Кирилл Кондрашин рассказывает о музыке и жизни - страница 53
— Давайте ставить Боровскую.
Как только Масленникова узнала, что Боровская будет петь, она пришла и сказала, что будет петь сама. На это Крамарев сказал:
— Нет, простите, из-за вас потревожен такой уважаемый человек, как Елизавета Михайловна Боровская; для нее уже перешивают костюмы, примеряют, и будет петь она, а не вы.
В четыре часа дня театр оцепили и началась чистка. Это значит, что вечером кто-то будет. Чаще всего приходил Сталин. А потому просматривали всё. Из театра всех выгоняли, потом вечером пропускали с особым тщанием, везде вокруг стояли посты, в оркестре состав был сильно увеличен, а искусствоведы в штатском сидели среди меди со скучающими физиономиями. И только начался спектакль, я увидел, что в ложу вошел Сталин с Бенешем. Бенеш приезжал в 1943 году заключать пакт о дружбе с Чехословакией. Тогда организовывался Чехословацкий корпус во главе со Свободой. И вот они пришли. Когда Боровская увидела Сталина, у нее голос задрожал. «Ну, — думаю, — крышка». Но как-то она взяла себя в руки и спектакль пропела, хотя впечатления особенного произвести не могла. Когда я уходил после спектакля, ко мне подбежали «массы»:
— Сталин на тебя смотрел; весь спектакль смотрел. Видно, ты ему понравился.
И через четыре или пять дней мы узнали, что Самосуд снят и назначен вместо него Пазовский, то есть то, что мы с Крамаревым сделали, было последней каплей.
До сих пор я считаю, что я поступил правильно, принципиально, хотя с точки зрения интересов театра (в смысле составить впечатление несмотря ни на что), раз Масленникова захотела петь, нужно было, чтобы она пела. Думаю, что если бы мы знали, что вечером будет такой гость, то, вероятно принципы тогда пошли бы побоку, но для меня ведь… искусство есть искусство и тогда забываешь о последствиях.

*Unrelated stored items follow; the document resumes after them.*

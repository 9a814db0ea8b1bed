-- ===== src/JsonSchema.antt =====
-- JSON schema generation (jsonschema/): choices, fields, serializers and the walk that describes
-- them.
pub mod Choices
pub mod Fields
pub mod Overrides
pub mod Serializers
pub mod Lists
pub mod Types
pub mod Inputs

В. Р. Непонятна Ваша роль, не Вы же настояли…
К. К. Я не настоял, но я дал добро Боровской, и когда Масленникова выразила желание петь, мы с Крамаревым консультировались и оба решили — петь должна Боровская.

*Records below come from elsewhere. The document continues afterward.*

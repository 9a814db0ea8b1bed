-- ===== src/JsonSchema/Choices.antt =====
-- The schema of a choice field, and the defaults that a schema may publish
-- (`_choice_schema`, `_json_type_of`, `_is_json_native` and `_publishable_default` of
-- jsonschema/utils.py).
pub mod Admitted
use djangorestframework_serv.Prelude.{
  ℕ, String, Bool, true, false, ◌&&◌, not, Option, none, some, List, [], ◌∷◌, ◌++◌, any, all,
  if◌then◌else◌, ◌==◌,
}
use djangorestframework_serv.Values.{
  Value, null, unset, bool, int, float, str, seq, dict, object, Items, nil, cons, Entries, end,
  entry, odd_entry, of_items, is_null,
}

-- `_is_json_native`
unfoldable mutual
  pub is_json_native : Value → Bool
  is_json_native null = true
  is_json_native unset = false
  is_json_native (bool b) = true
  is_json_native (int n) = true
  is_json_native (float text) = true
  is_json_native (str text) = true
  is_json_native (seq vs) = items_native vs
  is_json_native (dict es) = entries_native es
  is_json_native (object t) = false

  pub items_native : Items → Bool
  items_native nil = true
  items_native (cons v vs) = is_json_native v && items_native vs

  pub entries_native : Entries → Bool
  entries_native end = true
  entries_native (entry k v es) = is_json_native v && entries_native es
  entries_native (odd_entry k v es) = false

-- `field.default`: rest_framework's `empty`, a callable, or a value.
pub data Default : Type 0 where
  no_default callable_default : Default
  default_value : Value → Default

-- `_publishable_default`
unfoldable pub publishable_default : Default → Option Value
unfolding is_json_native
publishable_default no_default = none
publishable_default callable_default = none
publishable_default (default_value v) = if is_json_native v then some v else none

-- A choice with the texts of its value and of its label, `str(value)` and `str(label)`.
pub record Choice : Type 0 where
  pub value : Value
  pub text : String
  pub label : String

-- `allow_blank` is false where the field class has no such attribute.
pub record ChoiceField : Type 0 where
  pub choices : List Choice
  pub allow_blank : Bool
  pub allow_null : Bool

abbrev pub is_blank : Value → Bool
is_blank (str text) = text == ""
is_blank _ = false

abbrev pub choice_values : List Choice → List Value
choice_values [] = []
choice_values (c ∷ cs) = c.value ∷ choice_values cs

abbrev add_value : Bool → Value → List Value → List Value
add_value b v vs = if b then v ∷ vs else vs

-- The values that `allow_blank` and `allow_null` add.
unfoldable pub extra_values : Bool → ChoiceField → List Value
unfolding any
extra_values widen f =
    add_value (widen && (f.allow_blank && not (any is_blank (choice_values f.choices)))) (str "")
      (add_value (widen && (f.allow_null && not (any is_null (choice_values f.choices)))) null [])

-- `_json_type_of`
abbrev pub json_type_of : Value → Option String
json_type_of (bool b) = some "boolean"
json_type_of (int n) = some "integer"
json_type_of (float text) = some "number"
json_type_of (str text) = some "string"
json_type_of _ = none

abbrev same_type : Option String → Option String → Bool
same_type (some s) (some t) = s == t
same_type none none = true
same_type _ _ = false

-- The one type that all the values have, where they have one and it is not None.
unfoldable pub shared_type : List Value → Option String
unfolding all
shared_type [] = none
shared_type (v ∷ vs) =
    if all (λ w. same_type (json_type_of v) (json_type_of w)) vs then json_type_of v else none

abbrev pub with_type : Option String → Entries → Entries
with_type none es = es
with_type (some t) es = entry "type" (str t) es

abbrev titled : List Choice → List Value
titled [] = []
titled (c ∷ cs) = dict (entry "const" c.value (entry "title" (str c.label) end)) ∷ titled cs

abbrev untitled : List Value → List Value
untitled [] = []
untitled (v ∷ vs) = dict (entry "const" v end) ∷ untitled vs

-- `_choice_schema`
unfoldable pub choice_schema : Bool → ChoiceField → Entries
unfolding extra_values shared_type all
choice_schema widen f =
    let values = choice_values f.choices ++ extra_values widen f in
    with_type (shared_type values) (
      if all (λ c. c.label == c.text) f.choices
      then entry "enum" (seq (of_items values)) end
      else entry "oneOf" (seq (of_items (titled f.choices ++ untitled (extra_values widen f)))) end)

В общем, получилось так, что я, сам того не желая, в какой-то степени подложил Самосуду свинью.
Великие оперные деятели
К. К. Теперь еще несколько слов о Самосуде.
Следы Самосуда я помню еще в МАЛЕГОТе, потому что я поступил туда через полгода после его переезда в Москву. Чувствовалось, что это был музыкант очень тонкого вкуса. Необычайно любовно отделывавший партитуры, мастер колорита звучания, очень тонко разбирающийся в сцене человек и очень смелый новатор… Но, к сожалению… дилетант! Как ни странно.

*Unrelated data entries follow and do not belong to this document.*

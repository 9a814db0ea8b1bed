-- ===== src/JsonSchema/Choices/Admitted.antt =====
-- The values that the schema of a choice field lists.
use djangorestframework_serv.Prelude.{
  String, ◌≡◌, refl, ap, ◌∙◌, Bool, true, false, ◌&&◌, ◌||◌, not, Option, none, some, List, [], ◌∷◌,
  ◌++◌, any, all, if◌then◌else◌, ◌==◌, get, arith, ℕ, suc, ◌+◌, nat_eq,
}
use djangorestframework_serv.Values.{
  Value, seq, dict, Entries, end, entry, of_items, items, is_null, named_entries,
}
use djangorestframework_serv.JsonSchema.Choices.{
  Choice, ChoiceField, is_blank, choice_values, extra_values, shared_type, with_type, titled,
  untitled, choice_schema,
}

abbrev const_of : Value → Option Value
const_of (dict es) = get "const" (named_entries es)
const_of _ = none

-- The constants of the alternatives.
unfoldable pub consts : List Value → List Value
unfolding get
consts [] = []
consts (v ∷ vs) = elim (const_of v) [ none ↦ consts vs | some c ↦ c ∷ consts vs ]

abbrev listed : Option Value → List Value
listed (some (seq vs)) = items vs
listed _ = []

-- The alternatives that a schema of enumerated values lists, as often as it lists them: the values of
-- `enum`, or the constants of `oneOf`, where a value that stands twice is refused by validators.
unfoldable pub alternatives : Entries → List Value
unfolding get consts
alternatives es =
    listed (get "enum" (named_entries es)) ++ consts (listed (get "oneOf" (named_entries es)))

items-of_items : (vs : List Value) → items (of_items vs) ≡ vs
items-of_items [] = refl
items-of_items (v ∷ vs) = ap (λ ws. v ∷ ws) (items-of_items vs)

consts-untitled : (vs : List Value) → consts (untitled vs) ≡ vs
unfolding consts
consts-untitled [] = refl
consts-untitled (v ∷ vs) = ap (λ ws. v ∷ ws) (consts-untitled vs)

consts-titled :
    (cs : List Choice) (vs : List Value)
    → consts (titled cs ++ untitled vs) ≡ (choice_values cs ++ vs)
unfolding consts
consts-titled [] vs = consts-untitled vs
consts-titled (c ∷ cs) vs = ap (λ ws. c.value ∷ ws) (consts-titled cs vs)

append-nil : (vs : List Value) → (vs ++ []) ≡ vs
append-nil [] = refl
append-nil (v ∷ vs) = ap (λ ws. v ∷ ws) (append-nil vs)

alternatives-enum :
    (t : Option String) (vs : List Value)
    → alternatives (with_type t (entry "enum" (seq (of_items vs)) end)) ≡ vs
unfolding alternatives consts
alternatives-enum none vs = append-nil (items (of_items vs)) ∙ items-of_items vs
alternatives-enum (some t) vs = append-nil (items (of_items vs)) ∙ items-of_items vs

alternatives-one_of :
    (t : Option String) (vs : List Value)
    → alternatives (with_type t (entry "oneOf" (seq (of_items vs)) end)) ≡ consts vs
unfolding alternatives
alternatives-one_of none vs = ap consts (items-of_items vs)
alternatives-one_of (some t) vs = ap consts (items-of_items vs)

alternatives-choice_schema :
    (widen : Bool) (f : ChoiceField)
    → alternatives (choice_schema widen f) ≡ (choice_values f.choices ++ extra_values widen f)
unfolding choice_schema
alternatives-choice_schema widen f = go (all (λ c. c.label == c.text) f.choices)
  where
    go :
        (b : Bool)
        → alternatives (
            with_type (shared_type (choice_values f.choices ++ extra_values widen f)) (
              if b
              then entry "enum"
                  (seq (of_items (choice_values f.choices ++ extra_values widen f)))
                  end
              else entry "oneOf"
                  (seq (of_items (titled f.choices ++ untitled (extra_values widen f))))
                  end))
          ≡ (choice_values f.choices ++ extra_values widen f)
    go true = alternatives-enum _ _
    go false = alternatives-one_of _ _ ∙ consts-titled f.choices (extra_values widen f)

-- How many of the values pass the test.
unfoldable pub tally : (Value → Bool) → List Value → ℕ
tally p [] = 0
tally p (v ∷ vs) = let rest = tally p vs in if p v then suc rest else rest

tally-append :
    (p : Value → Bool) (vs ws : List Value) → tally p (vs ++ ws) ≡ tally p vs + tally p ws
unfolding tally
tally-append p [] ws = omega arith
tally-append p (v ∷ vs) ws = ground (arith, tally-append p vs ws)

any-tally : (p : Value → Bool) (vs : List Value) → any p vs ≡ not (nat_eq (tally p vs) 0)
unfolding any tally
any-tally p [] = refl
any-tally p (v ∷ vs) = ground (arith, any-tally p vs)

-- At least one where it is allowed, and as often as before otherwise.
abbrev pub at_least_one : Bool → ℕ → ℕ
at_least_one allowed n = if allowed && nat_eq n 0 then 1 else n

extra_tally :
    (f : ChoiceField)
    → (tally is_blank (extra_values true f)
        ≡ (if f.allow_blank && not (any is_blank (choice_values f.choices)) then 1 else 0))
      × (tally is_null (extra_values true f)
          ≡ (if f.allow_null && not (any is_null (choice_values f.choices)) then 1 else 0))
      × (all (λ v. is_blank v || is_null v) (extra_values true f) ≡ true)
unfolding extra_values tally all
extra_tally f = ground arith

raised_to_one :
    (allowed : Bool) (p : Value → Bool) (vs ws : List Value)
    → tally p ws ≡ (if allowed && not (any p vs) then 1 else 0)
    → tally p (vs ++ ws) ≡ at_least_one allowed (tally p vs)
raised_to_one allowed p vs ws h = tally-append p vs ws ∙ ground (arith, any-tally p vs)

-- The schema of a choice field that is widened lists the field's choices in order and after them
-- only empty texts and nulls. The empty text stands there as often as among the choices, but once
-- where it is no choice and the field allows it; and null likewise. So neither is listed twice
-- where the choices name it once or not at all. A schema that is not widened lists the choices alone.
pub choice_schema_lem :
    (f : ChoiceField)
    → ((extra : List Value) × (alternatives (choice_schema true f)
          ≡ (choice_values f.choices ++ extra))
        × (all (λ v. is_blank v || is_null v) extra ≡ true))
      × (tally is_blank (alternatives (choice_schema true f))
          ≡ at_least_one f.allow_blank (tally is_blank (choice_values f.choices)))
      × (tally is_null (alternatives (choice_schema true f))
          ≡ at_least_one f.allow_null (tally is_null (choice_values f.choices)))
      × (alternatives (choice_schema false f) ≡ choice_values f.choices)
choice_schema_lem f =
    let listed_all = alternatives-choice_schema true f in
    let (blank, nulls, only_these) = extra_tally f in
    (
      (extra_values true f, listed_all, only_these),
      ap (tally is_blank) listed_all
          ∙ raised_to_one f.allow_blank is_blank (choice_values f.choices) _ blank,
      ap (tally is_null) listed_all
          ∙ raised_to_one f.allow_null is_null (choice_values f.choices) _ nulls,
      alternatives-choice_schema false f
          ∙ (unfold extra_values in append-nil (choice_values f.choices)),
    )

Сам он виолончелист, дирижированию никогда не учился, начал этим заниматься случайно. В общем, дома с партитурой он работать не умел. Он все находил только на репетиции. Для него необходимы были сто репетиций, восемьдесят. Если меньше — спектакль не ставился…
В. Р. Для чего же нужна была такая масса репетиций?
К. К. И не для того, чтобы стало лучше, а для того, чтобы понять. У него была мания все время изменять. И менял он в лучшую сторону, но за счет мук оркестра. А ведь это все должно было быть результатом домашней работы дирижера. Доискиваться истины на репетиции большой кровью, использовать оркестр для проб и ошибок недопустимо для профессионала. Пазовский тоже делал по восемьдесят репетиций, но каждая его репетиция приносила что-то новое, работала на развитие ранее уже обдуманного плана. А у Самосуда очень часто все менялось. Но чутье сцены у него было очень яркое. Скажем, в «Пиковой даме» я не могу забыть четвертую картину. Эта игра паузами, необыкновенной звучностью — то еле слышно, как шорох, то достигающей истерического рева, — такого я не помню ни у кого.
Надо сказать, что Самосуд в конце своей деятельности в Большом театре увлекся режиссурой и начал сам ставить. Вот в этом тоже была его ошибка, которую он, умница, к счастью, сам понял. Он поставил «Ивана Сусанина» на сцене филиала (дирижировал Сахаров), какие-то спектакли он ставил в Куйбышеве. Но это было опять-таки на уровне режиссерского дилетантизма. Он это понял. И пригласил Покровского, совершенно отказавшись от своих режиссерских притязаний; в него влюбился и стал большим поклонником вот нас двоих.